• WHAT IS NEEDED
Beginning with the line that contains "pool_id = pool_id;" in the material below, print each line exactly until the line that contains "-- The step" has been printed, then stop.

• DATA SUPPLIED
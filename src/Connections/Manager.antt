-- ===== src/Connections/Manager.antt =====
-- `SSHConnectionManager` of netops-backend/utils/connection_manager.py. The rows of the
-- configuration, the credential and the outcome of `asyncssh.connect` are arguments; connections are
-- numbers. What is done under the lock of a pool is one step. The statistics of a new connection and
-- of a failure are kept, without the time of use; those of a release are left out.
pub mod Counted
pub mod Stuck
use net_soc_ops.Prelude.{
  ◌≡◌, map, ℕ, suc, ◌+◌, ◌-◌, String, Bool, true, false, Option, none, some, List, [], ◌∷◌, ◌++◌,
  any, find, update, is_some, leb, ◌==◌, str_eq, if◌then◌else◌,
}

-- A row of the configuration, with the fields that are read.
pub record ConnectionPool : Type 0 where
  pub id : ℕ
  pub ssh_config_id : ℕ
  pub max_connections : ℕ

-- The row of the statistics of a pool.
pub record ConnectionStats : Type 0 where
  pub pool_id : ℕ
  pub current_connections : ℕ
  pub total_connections : ℕ
  pub failed_connections : ℕ

-- The entries of `_pools` and `_stats` under one key.
pub record Pool : Type 0 where
  pub pool_id : ℕ
  pub connections : List (String × ℕ)
  pub current_connections : ℕ
  pub total_connections : ℕ
  pub failed_connections : ℕ
  pub last_used : Option ℕ

pub record State : Type 0 where
  pub pools : List Pool
  pub connection_stats : List ConnectionStats

-- `d.get(host)`.
abbrev pub lookup : String → List (String × ℕ) → Option ℕ
lookup host [] = none
lookup host ((h, conn) ∷ rest) =
    let later = lookup host rest in if str_eq h host then some conn else later

-- `del d[host]`.
abbrev pub delete : String → List (String × ℕ) → List (String × ℕ)
delete host [] = []
delete host ((h, conn) ∷ rest) = if str_eq h host then rest else (h, conn) ∷ delete host rest

abbrev pub new_pool : ℕ → Pool
new_pool pool_id = record {
  pool_id = pool_id;
  connections = [];
  current_connections = 0;
  total_connections = 0;
  failed_connections = 0;
  last_used = none;
}

abbrev with_new : ℕ → Pool → Pool
with_new now p = record p {
  current_connections = p.current_connections + 1;
  total_connections = p.total_connections + 1;
  last_used = some now;
}

-- The step under the lock: the connection that is there, the limit, a new connection or a failure.
unfoldable pub get_or_create : ℕ → ConnectionPool → Option ℕ → String → Pool → Option ℕ × Pool
get_or_create now config connected host p = elim (lookup host p.connections) [
  | some conn ↦ (some conn, record p { last_used = some now })
  | none ↦ if leb config.max_connections p.current_connections then (none, p) else elim connected [
    | none ↦ (none, record p { failed_connections = p.failed_connections + 1 })
    | some conn ↦
        (some conn, record (with_new now p) { connections = p.connections ++ (host, conn) ∷ [] })
  ]
]

abbrev stats_of : Pool → ConnectionStats
stats_of p = record {
  pool_id = p.pool_id;
  current_connections = p.current_connections;
  total_connections = p.total_connections;
  failed_connections = 0;
}

-- The row of the table after a new connection: added, or brought up to date.
abbrev store_new : Pool → List ConnectionStats → List ConnectionStats
store_new p rows =
    if any (λ r. r.pool_id == p.pool_id) rows
    then update (λ r. r.pool_id == p.pool_id)
        (λ r. record r {
          current_connections = p.current_connections;
          total_connections = p.total_connections;
        })
        rows
    else rows ++ stats_of p ∷ []

abbrev store_failed : Pool → List ConnectionStats → List ConnectionStats
store_failed p rows =
    update (λ r. r.pool_id == p.pool_id)
      (λ r. record r { failed_connections = p.failed_connections }) rows

-- Which of the two the step has to store, by the counters that it has moved.
abbrev store_step : Pool → Pool → List ConnectionStats → List ConnectionStats
store_step old new rows =
    if leb (old.total_connections + 1) new.total_connections
    then store_new new rows
    else if leb (old.failed_connections + 1) new.failed_connections
    then store_failed new rows
    else rows

abbrev ensure : ℕ → List Pool → List Pool
ensure pool_id pools =
    if any (λ p. p.pool_id == pool_id) pools then pools else pools ++ new_pool pool_id ∷ []

abbrev pool_of : ℕ → List Pool → Pool
pool_of pool_id pools = elim (find (λ p. p.pool_id == pool_id) pools) [
  | none ↦ new_pool pool_id
  | some p ↦ p
]

-- The method: without a configuration or a credential there is no connection.
unfoldable pub get_connection :
    ℕ → Option ConnectionPool → Bool → Bool → Option ℕ → ℕ → String → State → Option ℕ × State
unfolding get_or_create
get_connection now pool has_ssh_config has_credential connected pool_id host s = elim pool [
  | none ↦ (none, s)
  | some config ↦
      if has_ssh_config then (if has_credential then locked config else (none, s)) else (none, s)
]
  where
    step : ConnectionPool → Pool → Option ℕ × Pool
    step config p = get_or_create now config connected host p

    locked : ConnectionPool → Option ℕ × State
    locked config =
        let p = pool_of pool_id (ensure pool_id s.pools) in
        (
          (step config p).0,
          record s {
            pools =
                update (λ q. q.pool_id == pool_id) (λ q. (step config q).1)
                  (ensure pool_id s.pools);
            connection_stats = store_step p (step config p).1 s.connection_stats;
          },
        )

-- What a release does to the entries of the pool.
unfoldable pub remove_connection : String → Pool → Pool
remove_connection host p = record p {
  connections = delete host p.connections;
  current_connections = p.current_connections - 1;
}

-- What a task does next: the call of a release, whose test comes before the lock; the entry and the
-- exit of `async with` the lock of the pool; the changes of the pool; and the start of the loop of
-- the clean-up.
pub data Action : Type 0 where
  call_release : String → Action
  acquire release : Action
  remove : String → Action
  loop : Action
  clear : Action

unfoldable pub release_connection : String → Pool → List Action
release_connection host p =
    if is_some (lookup host p.connections) then acquire ∷ remove host ∷ release ∷ [] else []

unfoldable pub cleanup_pool : List Action
cleanup_pool = acquire ∷ loop ∷ clear ∷ release ∷ []

-- The calls of the loop, one for each host that is there.
unfoldable pub release_all : Pool → List Action
release_all p = map (λ c. call_release c.0) p.connections

-- The lock of a pool is free, held by the task, or held by another task. It is an `asyncio.Lock`,
-- which also waits where the task itself holds it.
pub data Lock : Type 0 where
  free mine taken : Lock

-- A task, with the lock and the pool.
pub data Running : Type 0 where
  running : List Action → Lock → Pool → Running

abbrev acquired : List Action → Lock → Pool → Option Running
acquired rest free p = some (running rest mine p)
acquired rest mine p = none
acquired rest taken p = none

-- The next action of the task; `none` where it waits for the lock or has come to its end.
unfoldable pub act : Running → Option Running
unfolding release_connection release_all remove_connection
act (running [] lock p) = none
act (running (call_release host ∷ rest) lock p) =
    some (running (release_connection host p ++ rest) lock p)
act (running (acquire ∷ rest) lock p) = acquired rest lock p
act (running (release ∷ rest) lock p) = some (running rest free p)
act (running (remove host ∷ rest) lock p) = some (running rest lock (remove_connection host p))
act (running (loop ∷ rest) lock p) = some (running (release_all p ++ rest) lock p)
act (running (clear ∷ rest) lock p) =
    some (running rest lock (record p { connections = []; current_connections = 0 }))

-- A step: of the task, or of the others, who take the lock where it is free and change the pool
-- until they give it back.
pub data Step (s t : Running) : Type 0 where
  acts : act s ≡ some t → Step s t
  others_take :
      (todo : List Action) (p : Pool)
      → s ≡ running todo free p
      → t ≡ running todo taken p
      → Step s t
  others_give :
      (todo : List Action) (p p' : Pool)
      → s ≡ running todo taken p
      → t ≡ running todo free p'
      → Step s t

pub data Reach (s : Running) : Running → Type 0 where
  here : Reach s s
  next : {t u : Running} → Reach s t → Step t u → Reach s u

• FINISHED EXERCISE
  pool_id = pool_id;
  connections = [];
  current_connections = 0;
  total_connections = 0;
  failed_connections = 0;
  last_used = none;
}

abbrev with_new : ℕ → Pool → Pool
with_new now p = record p {
  current_connections = p.current_connections + 1;
  total_connections = p.total_connections + 1;
  last_used = some now;
}

-- The step under the lock: the connection that is there, the limit, a new connection or a failure.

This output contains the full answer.